(Items listed in a dataset)
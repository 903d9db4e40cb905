-- ===== src/Process.antt =====
-- The target process, user/main.c.
pub mod Arguments
pub mod Configure
pub mod Service
pub mod Start
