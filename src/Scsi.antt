-- ===== src/Scsi.antt =====
-- The SCSI engine of the user-space target: user/scsi.c over include/scsi.h.
pub mod Engine
pub mod Primary
pub mod Block
pub mod Mmc
pub mod Dvd
pub mod Configuration
pub mod Table
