-- ===== src/Decision.antt =====
-- core/src/decision.rs: the allow or deny decision, over the platform's ports.
pub mod Allowed
pub mod Ready
use Prim.Native.String.{String}
use nft_gate.Base.{ℕ, Bool, true, false, not, ◌&&◌, Option, none, some, if◌then◌else◌}
use nft_gate.Text.{Text, is_some}
use nft_gate.External.{Crates}
use nft_gate.Config.{GatewayConfig}
use nft_gate.Proof.{AccessProof, MessageContext, personal_message, decode_access_proof}
use nft_gate.Proof.Base58.{is_tx_digest}
use nft_gate.Sig.{normalize_address, consumed_event_type, verify_personal_message_signature}
use nft_gate.Ports.{Ports, Run, pure, throw, ◌>>=◌, ◌>>◌, call_or, some_or, check_that}

pub record VerifyParams : Type 0 where
  pub single_use : Bool
  pub gateway_origin : Text
  pub gate_id : Text
  pub network : Text
  pub nft_type : Text
  pub consume_max_age_secs : ℕ

abbrev pub verify_params : GatewayConfig → VerifyParams
verify_params cfg = record {
  single_use = cfg.single_use;
  gateway_origin = cfg.gateway_origin;
  gate_id = cfg.gate_id;
  network = cfg.network;
  nft_type = cfg.nft_type;
  consume_max_age_secs = cfg.consume_max_age_secs;
}

pub data Denied : Type 0 where
  bad_proof bad_signature nonce_invalid not_owner consume_missing : Denied
  gate_paused chain_error state_unavailable : Denied

unfoldable pub reason : Denied → String
reason bad_proof = "malformed access proof"
reason bad_signature = "signature does not recover address"
reason nonce_invalid = "challenge nonce invalid, expired, or already used"
reason not_owner = "address does not hold the required access NFT"
reason consume_missing = "no matching single-use consume for this address"
reason gate_paused = "the gate is paused"
reason chain_error = "on-chain verification failed"
reason state_unavailable = "gateway state unavailable"

pub record Verified : Type 0 where
  pub address : Text
  pub redemption_key : Option Text

-- `as_deref().filter(|d| is_tx_digest(d))`
abbrev pub valid_digest : Option Text → Option Text
valid_digest none = none
valid_digest (some d) = if is_tx_digest d then some d else none

module _ {W Resp : Type 0} (crates : Crates) (ports : Ports W Resp) (cfg : VerifyParams) where
  -- The message that the client must have signed, from the gateway's own configuration.
  abbrev pub context_of : AccessProof → MessageContext
  context_of proof = record {
    origin = cfg.gateway_origin;
    gate_id = normalize_address crates cfg.gate_id;
    network = cfg.network;
    nonce = proof.nonce;
    consume_digest = if cfg.single_use then proof.consume_digest else none;
  }

  -- What precedes the nonce: decoding and the signature, which touch no state.
  unfoldable pub authenticate : Text → Run W Denied AccessProof
  authenticate token = do
    proof ← some_or (decode_access_proof crates token) bad_proof
    check_that (not (cfg.single_use && not (is_some proof.consume_digest))) consume_missing
    message ← some_or (personal_message (context_of proof)) bad_proof
    check_that (verify_personal_message_signature crates proof.address message proof.signature)
        bad_signature
    pure proof

  -- The single-use branch.
  unfoldable pub verify_consume : Text → Option Text → Run W Denied Verified
  verify_consume address consume_digest = do
    digest ← some_or (valid_digest consume_digest) consume_missing
    ok ←
        call_or
          (ports.consume_tx_valid digest address (consumed_event_type crates cfg.nft_type)
            (some cfg.gate_id) cfg.consume_max_age_secs)
          chain_error
    check_that ok consume_missing
    pure (record { address = address; redemption_key = some digest })

  -- The ownership branch.
  unfoldable pub verify_ownership : Text → Run W Denied Verified
  verify_ownership address = do
    ok ← call_or (ports.owns_nft address cfg.nft_type (some cfg.gate_id)) chain_error
    check_that ok not_owner
    pure (record { address = address; redemption_key = none })

  unfoldable pub verify_access_request : Text → Run W Denied Verified
  verify_access_request token = do
    proof ← authenticate token
    fresh ← call_or (ports.take_nonce proof.nonce) state_unavailable
    check_that fresh nonce_invalid
    blocked ← call_or (ports.gate_access_blocked cfg.gate_id) chain_error
    check_that (not blocked) gate_paused
    if cfg.single_use
        then verify_consume (normalize_address crates proof.address) proof.consume_digest
        else verify_ownership (normalize_address crates proof.address)
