-- ===== src/Decision/Allowed.antt =====
-- When the decision allows a request: the calls it must have made, in order, and their answers.
use nft_gate.Base.{
  ◌≡◌, refl, ◌⊎◌, inl, inr, Bool, true, false, not, ◌&&◌, none, some, arith, if◌then◌else◌,
  Option-cases,
}
use nft_gate.Text.{Text, is_some}
use nft_gate.External.{Crates}
use nft_gate.Proof.{AccessProof, personal_message, decode_access_proof}
use nft_gate.Proof.Base58.{is_tx_digest}
use nft_gate.Sig.{normalize_address, consumed_event_type, verify_personal_message_signature}
use nft_gate.Ports.{Ports, Result, Exit, stop, pass}
use nft_gate.Decision.{
  VerifyParams, Denied, Verified, context_of, authenticate, verify_consume, verify_ownership,
  verify_access_request,
}

module _ {W Resp : Type 0} (crates : Crates) (ports : Ports W Resp) (cfg : VerifyParams) where
  -- The token is a proof whose signature is over this gateway's own message for it.
  pub record IsAuthentic (token : Text) (proof : AccessProof) : Type 0 where
    pub decoded : decode_access_proof crates token ≡ some proof
    pub digest_given : (cfg.single_use && not (is_some proof.consume_digest)) ≡ false
    pub message : Text
    pub built : personal_message (context_of crates ports cfg proof) ≡ some message
    pub signed :
        verify_personal_message_signature crates proof.address message proof.signature ≡ true

  -- The last question to the chain, by mode, and what the caller gets to spend.
  abbrev pub Entitled : AccessProof → Verified → W → W → Type 0
  Entitled proof v w w' =
      ((cfg.single_use ≡ false)
        × (ports.owns_nft v.address cfg.nft_type (some cfg.gate_id) w ≡ (Result.ok true, w'))
        × (v.redemption_key ≡ none))
      ⊎ ((d : Text) × (cfg.single_use ≡ true)
          × (proof.consume_digest ≡ some d)
          × (is_tx_digest d ≡ true)
          × (ports.consume_tx_valid d v.address (consumed_event_type crates cfg.nft_type)
                (some cfg.gate_id) cfg.consume_max_age_secs w
              ≡ (Result.ok true, w'))
          × (v.redemption_key ≡ some d))

  pub record IsAllowed (token : Text) (v : Verified) (w w' : W) : Type 0 where
    pub proof : AccessProof
    pub authentic : IsAuthentic token proof
    pub address : v.address ≡ normalize_address crates proof.address
    pub w₁ : W
    pub fresh : ports.take_nonce proof.nonce w ≡ (Result.ok true, w₁)
    pub w₂ : W
    pub open_gate : ports.gate_access_blocked cfg.gate_id w₁ ≡ (Result.ok false, w₂)
    pub entitled : Entitled proof v w₂ w'

  authenticate-eq-pass :
      (token : Text) (w : W) {proof : AccessProof} {w' : W}
      → authenticate crates ports cfg token w ≡ (pass proof, w')
      → IsAuthentic token proof × (w ≡ w')
  unfolding authenticate
  authenticate-eq-pass token w {proof} h = elim (Option-cases (decode_access_proof crates token)) [
    | inl e ↦ absurd (ground arith)
    | inr (p, e) ↦ elim (Option-cases (personal_message (context_of crates ports cfg p))) [
      | inl x ↦ absurd (ground arith)
      | inr (m, x) ↦ (
        record {
          decoded = ground arith;
          digest_given = ground arith;
          message = m;
          built = ground arith;
          signed = ground arith;
        },
        ground arith,
      )
    ]
  ]

  answered :
      {A : Type 0} (call : W → Result A × W) (w : W) (a : A)
      → (call w).0 ≡ Result.ok a
      → call w ≡ (Result.ok a, (call w).1)
  answered call w a h = λ i. (h i, (call w).1)

  verify_ownership-eq-pass :
      (proof : AccessProof) (address : Text) (w : W) {v : Verified} {w' : W}
      → cfg.single_use ≡ false
      → verify_ownership crates ports cfg address w ≡ (pass v, w')
      → (v.address ≡ address) × Entitled proof v w w'
  unfolding verify_ownership
  verify_ownership-eq-pass proof address w {v} {w'} m h =
      let call = ports.owns_nft address cfg.nft_type (some cfg.gate_id) in
      let yes_owns : (call w).0 ≡ Result.ok true = ground arith in
      (ground arith, inl (m, ground (arith, answered call w true yes_owns), ground arith))

  verify_consume-eq-pass :
      (proof : AccessProof) (address : Text) (w : W) {v : Verified} {w' : W}
      → cfg.single_use ≡ true
      → verify_consume crates ports cfg address proof.consume_digest w ≡ (pass v, w')
      → (v.address ≡ address) × Entitled proof v w w'
  unfolding verify_consume
  verify_consume-eq-pass proof address w {v} {w'} m h = elim (Option-cases proof.consume_digest) [
    | inl e ↦ absurd (ground arith)
    | inr (d, e) ↦
        let call =
          ports.consume_tx_valid d address (consumed_event_type crates cfg.nft_type)
            (some cfg.gate_id) cfg.consume_max_age_secs in
        let valid : (call w).0 ≡ Result.ok true = ground arith in
        (
          ground arith,
          inr (d, m, e, ground arith, ground (arith, answered call w true valid), ground arith),
        )
  ]

  -- A request is allowed only for an authentic proof, after its nonce was taken, after the gate was
  -- found open, and after the chain confirmed the pass or the consume, by the gateway's mode: these
  -- calls in this order, each on the world that the one before left. The address is the proof's in
  -- canonical form, and a digest to redeem is handed out in single-use mode alone.
  pub verify_access_request-IsAllowed :
      (token : Text) (w : W) (v : Verified) (w' : W)
      → verify_access_request crates ports cfg token w ≡ (pass v, w')
      → IsAllowed token v w w'
  unfolding verify_access_request
  verify_access_request-IsAllowed token w v w' h = go (authenticate crates ports cfg token w) refl
    where
      open_then :
          (proof : AccessProof) (w₂ : W)
          → (b : Bool) → cfg.single_use ≡ b
          → (if b
              then verify_consume crates ports cfg
                  (normalize_address crates proof.address)
                  proof.consume_digest
                  w₂
              else verify_ownership crates ports cfg (normalize_address crates proof.address) w₂)
            ≡ (pass v, w')
          → (v.address ≡ normalize_address crates proof.address) × Entitled proof v w₂ w'
      open_then proof w₂ true m r = verify_consume-eq-pass proof _ w₂ m r
      open_then proof w₂ false m r = verify_ownership-eq-pass proof _ w₂ m r

      go :
          (r : Exit Denied AccessProof × W)
          → authenticate crates ports cfg token w ≡ r
          → IsAllowed token v w w'
      go (stop d, w₀) x = absurd (ground arith)
      go (pass p, w₀) x =
          let auth = authenticate-eq-pass token w x in
          let take = ports.take_nonce p.nonce in
          let taken : (take w).0 ≡ Result.ok true = ground arith in
          let look = ports.gate_access_blocked cfg.gate_id in
          let w₁ = (take w).1 in
          let unblocked : (look w₁).0 ≡ Result.ok false = ground arith in
          let last = open_then p (look w₁).1 cfg.single_use refl (ground arith) in
          record {
            proof = p;
            authentic = auth.0;
            address = last.0;
            w₁ = w₁;
            fresh = answered take w true taken;
            w₂ = (look w₁).1;
            open_gate = answered look w₁ false unblocked;
            entitled = last.1;
          }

Exercise. Find and copy each line above holding "answered".

Result.
  answered :
  answered call w a h = λ i. (h i, (call w).1)
      (ground arith, inl (m, ground (arith, answered call w true yes_owns), ground arith))
          inr (d, m, e, ground arith, ground (arith, answered call w true valid), ground arith),
            fresh = answered take w true taken;
            open_gate = answered look w₁ false unblocked;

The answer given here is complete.